Comment by perrygeo

Comment by perrygeo 3 days ago

4 replies

> Large language models (LLMs) are powerful but static; they lack mechanisms to adapt their weights in response to new tasks

The learning and inference process are entirely separate, which is very confusing to people familiar with traditional notions of human intelligence. For humans, learning things and applying that knowledge in the real world is one integrated feedback process. Not so with LLMs, we train them, deploy them, and discard them for a new model that has "learned" slightly more. For an LLM, inference is the end of learning.

Probably the biggest misconception out there about AI. If you think LLMs are learning, it's easy to fantasize that AGI is right around the corner.

fspeech 3 days ago

Reinforcement learning can be used to refine LLM as shown by Deepseek.

  • perrygeo 3 days ago

    Everything I've read in the last 5 months says otherwise. Probably best described by the Apple ML group's paper call The Illusion of Thinking. It empirically works, but the explanation could just be that making the stochastic parrot squawk longer yields a better response.

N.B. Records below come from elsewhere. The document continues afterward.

-- ===== src/Manager/Bird/Switch.antt =====
-- src/manager.rs: the link `current` is switched in one step.
use dn42_autopeer.Base.{ap, sym, subst, Option, none, some}
use dn42_autopeer.Base.Text.{Text}
use dn42_autopeer.Error.{PeerError}
use dn42_autopeer.Result.{Result, ok, err}
use dn42_autopeer.World.Types.{World, BirdDir, Failure}
use dn42_autopeer.World.Action.{Action, call, outcome, raise, ◌>>◌}
use dn42_autopeer.World.Keeps.{
  Keeps, IsStable, Keeps-outcome, Keeps-call, Keeps-if, Keeps-pure, Keeps-raise, keeps_rules,
}
use dn42_autopeer.World.Triple.{
  Ends, Triple, Triple-bind, Triple-pure, Triple-raise, Triple-try, Triple-outcome,
}
use dn42_autopeer.Manager.State.{PeerManager}
use dn42_autopeer.Manager.Bird.Files.{
  unique_suffix, sync_directory, rename_current, atomic_switch_current, remove_optional, or_missing,
}
use dn42_autopeer.Manager.Bird.Reload.{reload_bird}
use dn42_autopeer.Manager.Bird.Write.{At, Left, bird-call, bird-answer}

module _ {A : Type 0} {P : World → Type 0} {Q : A → World → Type 0}
    {E : PeerError → World → Type 0} where
  -- An invariant as a pre- and a postcondition.
  pub kept :
      (m : Action A)
      → Keeps P m
      → ((a : A) (w : World) → P w → Q a w)
      → ((e : PeerError) (w : World) → P w → E e w)
      → Triple P m Q E
  kept m k q x = record { at = λ w h. go (m w).0 (m w).1 (k.at w h) }
    where
      go : (r : Result A) (w : World) → P w → Ends Q E r w
      go (ok a) w h = q a w h
      go (err e) w h = x e w h

pub bird-stable : (F : BirdDir → Type 0) → IsStable (λ w. F w.bird)
bird-stable F = record { advances = λ w h. h }

pub reload_bird-Keeps :
    (F : BirdDir → Type 0) (self : PeerManager) → Keeps (λ w. F w.bird) (reload_bird self)
unfolding reload_bird
reload_bird-Keeps F self = search (keeps_rules, Keeps-call, bird-stable F) depth 9

module _ (F : BirdDir → Type 0) (b : BirdDir) (fb : F b) where
  pub idle :
      (wrap : Failure → PeerError) → Triple (At b) (call (λ a w. w) wrap) (λ _. At b) (Left F)
  idle wrap = bird-call F b b fb fb _ _ (λ a w h. h)

  pub unique_suffix-At : Triple (At b) unique_suffix (λ _. At b) (Left F)
  unfolding unique_suffix
  unique_suffix-At = Triple-bind _ _ (bird-answer b F) (λ a. Triple-pure _ (λ w h. h))

  pub sync_directory-At : (path : Text) → Triple (At b) (sync_directory path) (λ _. At b) (Left F)
  unfolding sync_directory
  sync_directory-At path = Triple-bind _ _ (idle _) (λ _. idle _)

  abbrev pub linked : Option Text → BirdDir
  linked target = record b { current = target }

  -- An error after a call that leaves the directory alone.
  after_error :
      (m : Action Unit) (e : PeerError)
      → Keeps (λ w. F w.bird) m
      → {Q : Unit → World → Type 0} → Triple (λ w. F w.bird) (do outcome m; raise e) Q (Left F)
  after_error m e k =
      Triple-bind _ _ (kept _ (Keeps-outcome _ k) (λ _ w h. h) (λ _ w h. h))
        (λ _. Triple-raise e (λ w h. h))

  module _ (target : Text) (fl : F (linked (some target))) where
    rename_current-At :
        (root temporary : Text)
        → Triple
            (At b)
            (rename_current root temporary target)
            (λ _. At (linked (some target)))
            (Left F)
    unfolding rename_current
    rename_current-At root temporary =
        Triple-try _ _ _
          (bird-call F b (linked (some target)) fb fl _ _
            (λ a w h. ap (λ (d : BirdDir). record d { current = some target }) h))
          (λ _. Triple-pure tt (λ w h. h))
          (λ e. after_error _ e (Keeps-call _ _ (bird-stable F) (λ a w h. h)))

-- The switch leaves the link on the target, or one of the two states.
module _ (F : BirdDir → Type 0) (b : BirdDir) (target : Text) (fb : F b)
    (fl : F (record b { current = some target })) where
  pub atomic_switch_current-At :
      (root : Text)
      → Triple
          (At b)
          (atomic_switch_current root target)
          (λ _. At (record b { current = some target }))
          (Left F)
  unfolding atomic_switch_current
  atomic_switch_current-At root = Triple-bind _ _ (unique_suffix-At F b fb) λ suffix.
      Triple-bind _ _ (idle F b fb _) λ _.
        Triple-bind _ _ (rename_current-At F b fb target fl root _)
          λ _. sync_directory-At F (record b { current = some target }) fl root

or_missing-Keeps :
    (F : BirdDir → Type 0) (r : Result (Unit {0})) → Keeps (λ w. F w.bird) (or_missing r)
unfolding or_missing
or_missing-Keeps F (ok _) = Keeps-pure tt
or_missing-Keeps F (err (PeerError.bird_config_io source path)) =
    Keeps-if source.is_not_found _ _ (λ _. Keeps-pure tt) (λ _. Keeps-raise _)
or_missing-Keeps F (err e) = Keeps-raise e

-- The removal of the link.
module _ (F : BirdDir → Type 0) (b : BirdDir) (fb : F b)
    (fn : F (record b { current = none })) where
  missing :
      (r : Result (Unit {0}))
      → Triple
          (Ends (λ _. At (record b { current = none })) (Left F) r)
          (or_missing r)
          (λ _ w. F w.bird)
          (Left F)
  unfolding or_missing
  missing (ok _) = Triple-pure tt (λ w h. subst F (sym h) fn)
  missing (err e) = kept _ (or_missing-Keeps F (err e)) (λ _ w h. h) (λ _ w h. h)

  pub remove_optional-At :
      (path : Text) → Triple (At b) (remove_optional path) (λ _ w. F w.bird) (Left F)
  unfolding remove_optional
  remove_optional-At path =
      Triple-bind _ _
        (Triple-outcome _ (
          bird-call F b (record b { current = none }) fb fn _ _
            (λ a w h. ap (λ (d : BirdDir). record d { current = none }) h)))
        missing
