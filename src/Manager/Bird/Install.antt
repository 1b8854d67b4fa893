-- ===== src/Manager/Bird/Install.antt =====
-- src/manager.rs: what a reader of `current` finds while a generation is installed, and after.
use dn42_autopeer.Base.{
  ◌≡◌, refl, ap, sym, subst, ◌∙◌, ◌⊎◌, inl, inr, List, [], ◌∷◌, ◌++◌, Option, none, some, arith,
  nat_eq, text_eq, beq_refl,
}
use dn42_autopeer.Base.Text.{Text, text}
use dn42_autopeer.Error.{PeerError}
use dn42_autopeer.Result.{ok}
use dn42_autopeer.World.Types.{World, BirdDir, Failure}
use dn42_autopeer.World.Action.{call, ask, respond, advance, outcome, gets, raise}
use dn42_autopeer.World.Keeps.{Keeps-outcome}
use dn42_autopeer.World.Triple.{
  Triple, Triple-bind, Triple-raise, Triple-after, Triple-before, Triple-try, Triple-fact,
  Triple-Keeps,
}
use dn42_autopeer.Manager.State.{PeerManager, io_error}
use dn42_autopeer.Manager.Bird.Files.{
  Files, dir_files, target_of, resolve, current_files, current_path, switch_current,
  remove_old_generations,
}
use dn42_autopeer.Manager.Bird.Sync.{exists, create_dir, restore, roll_back, no_target, install}
use dn42_autopeer.Manager.Bird.Directory.{NoDir, dir_files-NoDir, resolve-not}
use dn42_autopeer.Manager.Bird.Write.{At, Left, bird-call, AreShown, AreDistinct, write_all-At}
use dn42_autopeer.Manager.Bird.Clean.{Installed, Installed-shows, remove_old_generations-Keeps}
use dn42_autopeer.Manager.Bird.Switch.{
  kept, reload_bird-Keeps, unique_suffix-At, sync_directory-At, atomic_switch_current-At,
  remove_optional-At,
}

-- The directory before: its generations, and the target of the link.
module _ (gens : List (Text × Files)) (t : Text) (old desired : Files)
    (leads : resolve t gens ≡ some old) where
  -- A reader finds the old files, the desired files, or no link.
  abbrev pub Safe : BirdDir → Type 0
  Safe bird =
      (current_files bird ≡ some old)
      ⊎ (current_files bird ≡ some desired)
      ⊎ (current_files bird ≡ none)

  module _ (name : Text) (fresh : NoDir name gens) where
    abbrev staged : Files → BirdDir
    staged files = record { generations = (name, files) ∷ gens; current = some t }

    abbrev switched : BirdDir
    switched = record { generations = (name, desired) ∷ gens; current = some (target_of name) }

    staged-old : (files : Files) → current_files (staged files) ≡ some old
    unfolding current_files resolve
    staged-old files = ground (arith, resolve-not name t gens old fresh leads, leads)

    staged-Safe : (files : Files) → Safe (staged files)
    staged-Safe files = inl (staged-old files)

    switched-desired : current_files switched ≡ some desired
    unfolding current_files resolve
    switched-desired = ground (arith, beq_refl (target_of name))

    switched-Safe : Safe switched
    switched-Safe = inr (inl switched-desired)

    unlinked-Safe : Safe (record switched { current = none })
    unfolding current_files
    unlinked-Safe = inr (inr refl)

    -- What was read of the link before: its target, or nothing.
    read-before :
        (self : PeerManager)
        → Triple
            (At (staged desired))
            (outcome (ask (λ a w. ok w.bird.current) (io_error (current_path self))))
            (λ r w.
              ((no_target self r ≡ some t) ⊎ (no_target self r ≡ none)) × At (staged desired) w)
            (Left Safe)
    unfolding outcome ask no_target
    read-before self = record { at = λ w h. go w (w.answers 0).fault h }
      where
        go :
            (w : World) (f : Option Failure)
            → At (staged desired) w
            → ((no_target self
                    (respond f (ok w.bird.current) (io_error (current_path self)) (advance w)).0
                  ≡ some t)
                ⊎ (no_target self
                      (respond f (ok w.bird.current) (io_error (current_path self)) (advance w)).0
                    ≡ none))
              × At
                  (staged desired)
                  (respond f (ok w.bird.current) (io_error (current_path self)) (advance w)).1
        go w none h = (inl (ap (λ (b : BirdDir). b.current) h), h)
        go w (some f) h = (inr refl, h)

    restore-Safe :
        (self : PeerManager) (target : Option Text)
        → (target ≡ some t) ⊎ (target ≡ none)
        → Triple (At switched) (restore self target) (λ _ w. Safe w.bird) (Left Safe)
    unfolding restore switch_current
    restore-Safe self none h = remove_optional-At Safe switched switched-Safe unlinked-Safe _
    restore-Safe self (some x) (inl e) =
        let back : Safe (record switched { current = some x }) =
          subst (λ o. Safe (record switched { current = o })) (sym e) (staged-Safe desired) in
        Triple-after _ _ (λ _ w k. subst Safe (sym k) back)
          (atomic_switch_current-At Safe switched x switched-Safe back _)
    restore-Safe self (some x) (inr e) = absurd (ground (arith, e))

    roll_back-Safe :
        (self : PeerManager) (target : Option Text) (e : PeerError)
        → (target ≡ some t) ⊎ (target ≡ none)
        → {Q : Unit → World → Type 0} → Triple (At switched) (roll_back self target e) Q (Left Safe)
    unfolding roll_back
    roll_back-Safe self target e h =
        Triple-try _ _ _ (restore-Safe self target h)
          (λ _.
            Triple-bind _ _
              (kept _ (Keeps-outcome _ (reload_bird-Keeps Safe self)) (λ _ w h. h) (λ _ w h. h))
              (λ _. Triple-raise e (λ w h. h)))
          (λ x. Triple-raise _ (λ w h. h))

    switched-Installed : (w : World) → At switched w → Installed name desired w
    unfolding resolve
    switched-Installed w h = record {
      link = ap (λ (b : BirdDir). b.current) h;
      files = ap (λ (b : BirdDir). resolve (target_of name) b.generations) h ∙ first;
    }
      where
        first : resolve (target_of name) ((name, desired) ∷ gens) ≡ some desired
        first = ground (arith, beq_refl (target_of name))

    remove_old-Installed :
        (self : PeerManager)
        → Triple
            (At switched)
            (remove_old_generations self name)
            (λ _ w. current_files w.bird ≡ some desired)
            (Left Safe)
    remove_old-Installed self = Triple-before _ switched-Installed (
        kept _ (remove_old_generations-Keeps name desired self)
          (λ _ w h. Installed-shows name desired w h)
          (λ _ w h. inr (inl (Installed-shows name desired w h))))

  abbrev pub before : BirdDir
  before = record { generations = gens; current = some t }

  before-Safe : Safe before
  unfolding current_files
  before-Safe = inl leads

  look-At :
      (name : Text)
      → Triple
          (At before)
          (gets (λ w. dir_files name w.bird.generations))
          (λ present w. (present ≡ dir_files name gens) × At before w)
          (Left Safe)
  unfolding gets
  look-At name = record { at = λ w h. (ap (λ (b : BirdDir). dir_files name b.generations) h, h) }

  create_dir-At :
      (name path : Text)
      → Triple
          (At before)
          (create_dir name path)
          (λ _ w.
            NoDir name gens × At (record { generations = (name, []) ∷ gens; current = some t }) w)
          (Left Safe)
  unfolding create_dir
  create_dir-At name path = Triple-bind _ _ (look-At name) (λ present. Triple-fact _ (on present))
    where
      on :
          (present : Option Files)
          → present ≡ dir_files name gens
          → Triple
              (At before)
              (elim present [
                | some _ ↦ raise (PeerError.bird_config_io exists path)
                | none ↦
                    call
                      (λ a w. record w {
                        bird = record w.bird { generations = (name, []) ∷ w.bird.generations };
                      })
                      (io_error path)
              ])
              (λ _ w.
                NoDir name gens
                × At (record { generations = (name, []) ∷ gens; current = some t }) w)
              (Left Safe)
      on (some files) e = Triple-raise _ (λ w h. subst Safe (sym h) before-Safe)
      on none e =
          let fresh = dir_files-NoDir name gens (sym e) in
          Triple-after _ _ (λ _ w h. (fresh, h))
            (bird-call Safe before (staged name fresh []) before-Safe (staged-Safe name fresh []) _
              _
              (λ a w h.
                ap (λ (b : BirdDir). record b { generations = (name, []) ∷ b.generations }) h))

  pub install-Safe :
      (self : PeerManager)
      → AreShown desired
      → AreDistinct [] desired
      → Triple
          (At before)
          (install self desired)
          (λ _ w. current_files w.bird ≡ some desired)
          (Left Safe)
  unfolding install switch_current
  install-Safe self shown distinct =
      Triple-bind _ _ (unique_suffix-At Safe before before-Safe) λ suffix.
        let name = text "generation-" ++ suffix in
        Triple-bind _ _ (create_dir-At name _) λ _. Triple-fact _ λ fresh.
          Triple-bind _ _
            (write_all-At name gens (some t) fresh Safe (staged-Safe name fresh) _ [] desired shown
              distinct)
            λ _.
              Triple-bind _ _
                (sync_directory-At Safe (staged name fresh desired) (staged-Safe name fresh desired)
                  _)
                λ _. Triple-bind _ _ (read-before name fresh self) λ read. Triple-fact _ λ was.
                  Triple-bind _ _
                    (atomic_switch_current-At Safe (staged name fresh desired) (target_of name)
                      (staged-Safe name fresh desired) (switched-Safe name fresh) _)
                    λ _.
                      Triple-try _ _ _
                        (Triple-Keeps _ (reload_bird-Keeps (λ b. b ≡ switched name fresh) self))
                        (λ _. remove_old-Installed name fresh self)
                        (λ e. roll_back-Safe name fresh self _ e was)
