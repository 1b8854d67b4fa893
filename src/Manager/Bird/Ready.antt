-- ===== src/Manager/Bird/Ready.antt =====
-- src/manager.rs: the layout and the comparison leave what `current` leads to.
use dn42_autopeer.Base.{
  ◌⊎◌, inl, inr, ◌≡◌, refl, ap, sym, ◌∙◌, List, [], ◌∷◌, Bool, true, false, Option, none, some,
  arith, nat_eq, text_eq, if◌then◌else◌,
}
use dn42_autopeer.Base.Text.{Text, text, ends_with}
use dn42_autopeer.Error.{PeerError}
use dn42_autopeer.Result.{Result, ok, err}
use dn42_autopeer.World.Types.{World, Failure}
use dn42_autopeer.World.Action.{call, ask, respond, advance, pure, ◌>>=◌}
use dn42_autopeer.World.Keeps.{Keeps, IsStable, Keeps-call, keeps_rules}
use dn42_autopeer.World.Triple.{
  Ends, Triple, Triple-bind, Triple-pure, Triple-after, Triple-fact, Triple-if, Triple-raise,
  Triple-outcome,
}
use dn42_autopeer.Manager.State.{PeerManager, io_error}
use dn42_autopeer.Manager.Bird.Files.{
  Files, insert_file, files_beq, dir_files, resolve, current_files, current_path,
  ensure_bird_layout, has_current, read_entries, or_absent, current_generation_matches,
}
use dn42_autopeer.Manager.Bird.Reload.{reload_bird}
use dn42_autopeer.Manager.Bird.Directory.{dir_files-NoDir, resolve-not}
use dn42_autopeer.Manager.Bird.Switch.{kept}

-- The files of a directory that are part of the configuration, in the order of their names.
pub conf_files : Files → Files → Files
conf_files [] found = found
conf_files ((name, content) ∷ files) found =
    conf_files files
      (if ends_with name (text ".conf") then insert_file name content found else found)

files_beq→eq : (xs ys : Files) → files_beq xs ys ≡ true → xs ≡ ys
unfolding files_beq
files_beq→eq [] [] h = refl
files_beq→eq [] (y ∷ ys) h = ground (arith, h)
files_beq→eq (x ∷ xs) [] h = ground (arith, h)
files_beq→eq ((n, c) ∷ xs) ((m, d) ∷ ys) h =
    ground (arith, h, text_eq.beq_iff n m, text_eq.beq_iff c d, files_beq→eq xs ys)

-- The link leads to a generation with these files.
module _ (t : Text) (old : Files) where
  pub record Ready (w : World) : Type 0 where
    pub link : w.bird.current ≡ some t
    pub files : resolve t w.bird.generations ≡ some old

  Ready-IsStable : IsStable Ready
  Ready-IsStable = record { advances = λ w h. record { link = h.link; files = h.files } }

  pub Ready-shows : (w : World) → Ready w → current_files w.bird ≡ some old
  unfolding current_files
  Ready-shows w h = rw (h.link) h.files

  -- A link that is read leads where it led.
  look-current :
      (self : PeerManager)
      → Triple Ready
          (ask (λ a w. ok (has_current self w.bird.current)) (io_error (current_path self)))
          (λ present w. (present ≡ true) × Ready w)
          (λ _. Ready)
  unfolding ask has_current
  look-current self = record { at = λ w h. go w (w.answers 0).fault (Ready-IsStable.advances w h) }
    where
      go :
          (w : World) (f : Option Failure)
          → Ready (advance w)
          → Ends
              (λ present w. (present ≡ true) × Ready w)
              (λ _. Ready)
              (respond f
                (ok (has_current self w.bird.current))
                (io_error (current_path self))
                (advance w)).0
              (respond f
                (ok (has_current self w.bird.current))
                (io_error (current_path self))
                (advance w)).1
      go w none h = (ap (has_current self) h.link, h)
      go w (some f) h = h

  with_empty : (dirs : List (Text × Files)) → List (Text × Files)
  with_empty dirs = elim (dir_files (text "empty") dirs) [
    | some _ ↦ dirs
    | none ↦ (text "empty", []) ∷ dirs
  ]

  with_empty-resolve :
      (dirs : List (Text × Files))
      → resolve t dirs ≡ some old
      → resolve t (with_empty dirs) ≡ some old
  unfolding with_empty resolve
  with_empty-resolve dirs h = go (dir_files (text "empty") dirs) refl
    where
      go :
          (o : Option Files)
          → dir_files (text "empty") dirs ≡ o
          → resolve t (elim o [ some _ ↦ dirs | none ↦ (text "empty", []) ∷ dirs ]) ≡ some old
      go (some files) e = h
      go none e =
          let fresh = dir_files-NoDir (text "empty") dirs e in
          ground (arith, resolve-not (text "empty") t dirs old fresh h, h)

  pub ensure_bird_layout-Ready :
      (self : PeerManager) → Triple Ready (ensure_bird_layout self) (λ _. Ready) (λ _. Ready)
  unfolding ensure_bird_layout with_empty
  ensure_bird_layout-Ready self =
      Triple-bind _ _
        (kept _
          (Keeps-call _ _ Ready-IsStable λ a w h. record {
            link = h.link;
            files = with_empty-resolve w.bird.generations h.files;
          })
          (λ _ w h. h) (λ _ w h. h))
        λ _. Triple-bind _ _ (look-current self) λ present. Triple-fact _ λ there.
          Triple-if present _ _ (λ _. Triple-pure tt (λ w h. h))
            (λ no. absurd (ground (arith, there, no)))

  idle :
      (wrap : Failure → PeerError) → Triple Ready (call (λ a w. w) wrap) (λ _. Ready) (λ _. Ready)
  idle wrap = kept _ (Keeps-call _ _ Ready-IsStable (λ a w h. h)) (λ _ w h. h) (λ _ w h. h)

  -- The comparison reads the files, and says whether they are the desired ones.
  read_entries-Ready :
      (path : Text) (entries actual : Files)
      → Triple Ready
          (read_entries path entries actual)
          (λ found w. (found ≡ conf_files entries actual) × Ready w)
          (λ _. Ready)
  unfolding read_entries conf_files
  read_entries-Ready path [] actual =
      Triple-bind _ _
        (kept _ (Keeps-call _ _ Ready-IsStable (λ a w h. h)) (λ _ w h. h) (λ _ w h. h))
        (λ _. Triple-pure actual (λ w h. (refl, h)))
  read_entries-Ready path ((name, content) ∷ entries) actual =
      let next : Bool → Files =
        λ test. conf_files entries (if test then insert_file name content actual else actual) in
      Triple-bind _ _ (idle _) λ _.
        Triple-if (ends_with name (text ".conf")) _ _
          (λ e. Triple-bind _ _ (idle _) λ _.
            Triple-after _ _ (λ found w k. (k.0 ∙ ap next (sym e), k.1))
              (read_entries-Ready path entries (insert_file name content actual)))
          (λ e.
            Triple-after _ _ (λ found w k. (k.0 ∙ ap next (sym e), k.1))
              (read_entries-Ready path entries actual))

  pub reload_bird-Ready : (self : PeerManager) → Keeps Ready (reload_bird self)
  unfolding reload_bird
  reload_bird-Ready self = search (keeps_rules, Keeps-call, Ready-IsStable) depth 9

  -- A look at the files finds those of the link, or says that there are none.
  IsSeen : Option Files → World → Type 0
  IsSeen entries w = ((entries ≡ some old) ⊎ (entries ≡ none)) × Ready w

  absent-Ready :
      (r : Result (Option Files))
      → Triple
          (λ w. Ends (λ entries w. (entries ≡ some old) × Ready w) (λ _. Ready) r w)
          (or_absent r)
          IsSeen
          (λ _. Ready)
  unfolding or_absent IsSeen
  absent-Ready (ok entries) = Triple-pure entries (λ w h. (inl h.0, h.1))
  absent-Ready (err (PeerError.bird_config_io source p)) =
      Triple-if source.is_not_found _ _ (λ _. Triple-pure none (λ w h. (inr refl, h)))
        (λ _. Triple-raise _ (λ w h. h))
  absent-Ready (err e) = Triple-raise e (λ w h. h)

  look-files :
      (self : PeerManager)
      → Triple Ready
          (ask (λ a w. ok (current_files w.bird)) (io_error (current_path self)))
          (λ entries w. (entries ≡ some old) × Ready w)
          (λ _. Ready)
  unfolding ask
  look-files self = record { at = λ w h. go w (w.answers 0).fault (Ready-IsStable.advances w h) }
    where
      go :
          (w : World) (f : Option Failure)
          → Ready (advance w)
          → Ends
              (λ entries w. (entries ≡ some old) × Ready w)
              (λ _. Ready)
              (respond f (ok (current_files w.bird)) (io_error (current_path self)) (advance w)).0
              (respond f (ok (current_files w.bird)) (io_error (current_path self)) (advance w)).1
      go w none h = (Ready-shows (advance w) h, h)
      go w (some f) h = h

  pub matches-Ready :
      (self : PeerManager) (desired : Files)
      → Triple Ready
          (current_generation_matches self desired)
          (λ matches w. ((matches ≡ true) → conf_files old [] ≡ desired) × Ready w)
          (λ _. Ready)
  unfolding current_generation_matches IsSeen
  matches-Ready self desired =
      Triple-bind _ _ (Triple-outcome _ (look-files self))
        λ read. Triple-bind _ _ (absent-Ready read) (λ entries. Triple-fact _ (on entries))
    where
      on :
          (entries : Option Files)
          → (entries ≡ some old) ⊎ (entries ≡ none)
          → Triple Ready
              (elim entries [
                | none ↦ pure false
                | some files ↦ do
                  actual ← read_entries (current_path self) files []
                  pure (files_beq actual desired)
              ])
              (λ matches w. ((matches ≡ true) → conf_files old [] ≡ desired) × Ready w)
              (λ _. Ready)
      on none e = Triple-pure false (λ w h. (λ yes. absurd (ground (arith, yes)), h))
      on (some files) (inr e) = absurd (ground (arith, e))
      on (some files) (inl e) =
          let same : files ≡ old = ground (arith, e) in
          Triple-bind _ _ (read_entries-Ready (current_path self) files []) λ actual.
            Triple-pure _ (λ w k. (
              λ yes.
                  ap (λ fs. conf_files fs []) (sym same)
                  ∙ (sym k.0 ∙ files_beq→eq actual desired yes),
              k.1,
            ))
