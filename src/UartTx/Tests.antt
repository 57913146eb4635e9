-- ===== src/UartTx/Tests.antt =====
-- The components' theorems at concrete inputs.
use rust_on_stm32_notebook.Common.{
  ℕ, ◌≡◌, ◌+◌, ◌/◌, ◌%◌, ltb, if◌then◌else◌, List, [], ◌∷◌, arith, replicate,
}
use rust_on_stm32_notebook.Hardware.{done}
use rust_on_stm32_notebook.Hardware.Sending.{sent}
use rust_on_stm32_notebook.UartTx.Lines.{written, session, lines, session_numbers_lines}

-- decimal digits below a hundred
abbrev digits : ℕ → List ℕ
digits n = if ltb n 10 then (48 + n) ∷ [] else (48 + n / 10) ∷ (48 + n % 10) ∷ []

session_numbers_lines_example :
    ((session digits 2 9 (replicate 30 1)).outcome ≡ done 11)
    × (sent written (session digits 2 9 (replicate 30 1)).trace ≡ lines digits 2 9)
session_numbers_lines_example =
    session_numbers_lines digits 2 9 (replicate 30 1) (omega arith) (omega arith)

    In any case, this is a far cry from what I was discussing. At best, this shows an ability for LLMs to "learn" within the context window, which should already be somewhat obvious (that's what the attention mechanism does). There is no global knowledge base or weight updates. Not until the content gets published, rescraped, and trained into the next version. This does demonstrate a learning feedback loop, albeit one that takes months or years, driven by external forces - the company that trains it. But it's way too slow to be considered intelligent, and it can't learn on its own without help.

    A system that truly learned, ie incorporated empirical data from its environment into its model of the world, would need to do this in millisecond time frames. Single celled organisms can do this. Where you at AGI?

    • throwaway314155 2 days ago

      > explanation could just be that making the stochastic parrot squawk longer yields a better response

      No one in the research and science communities ever said anything contrary to this and if they did they wouldn't last long (although i imagine many of them would find issue with your stochastic parrot reference).

      The apple paper has a stronger title than its actual premise. Basically they found that "thinking" definitely works but falls apart for problems of a certain difficulty and simply scaling "thinking" up doesn't help (for these harder problems)

      It never said "thinking" doesnt work. People are just combining the title with their existing prejudices to draw the conclusion the _want_ to see.

kovek 3 days ago

What if you can check if the user responds positively/negatively to the output, and then you train the LLM on the input it got and the output it produced?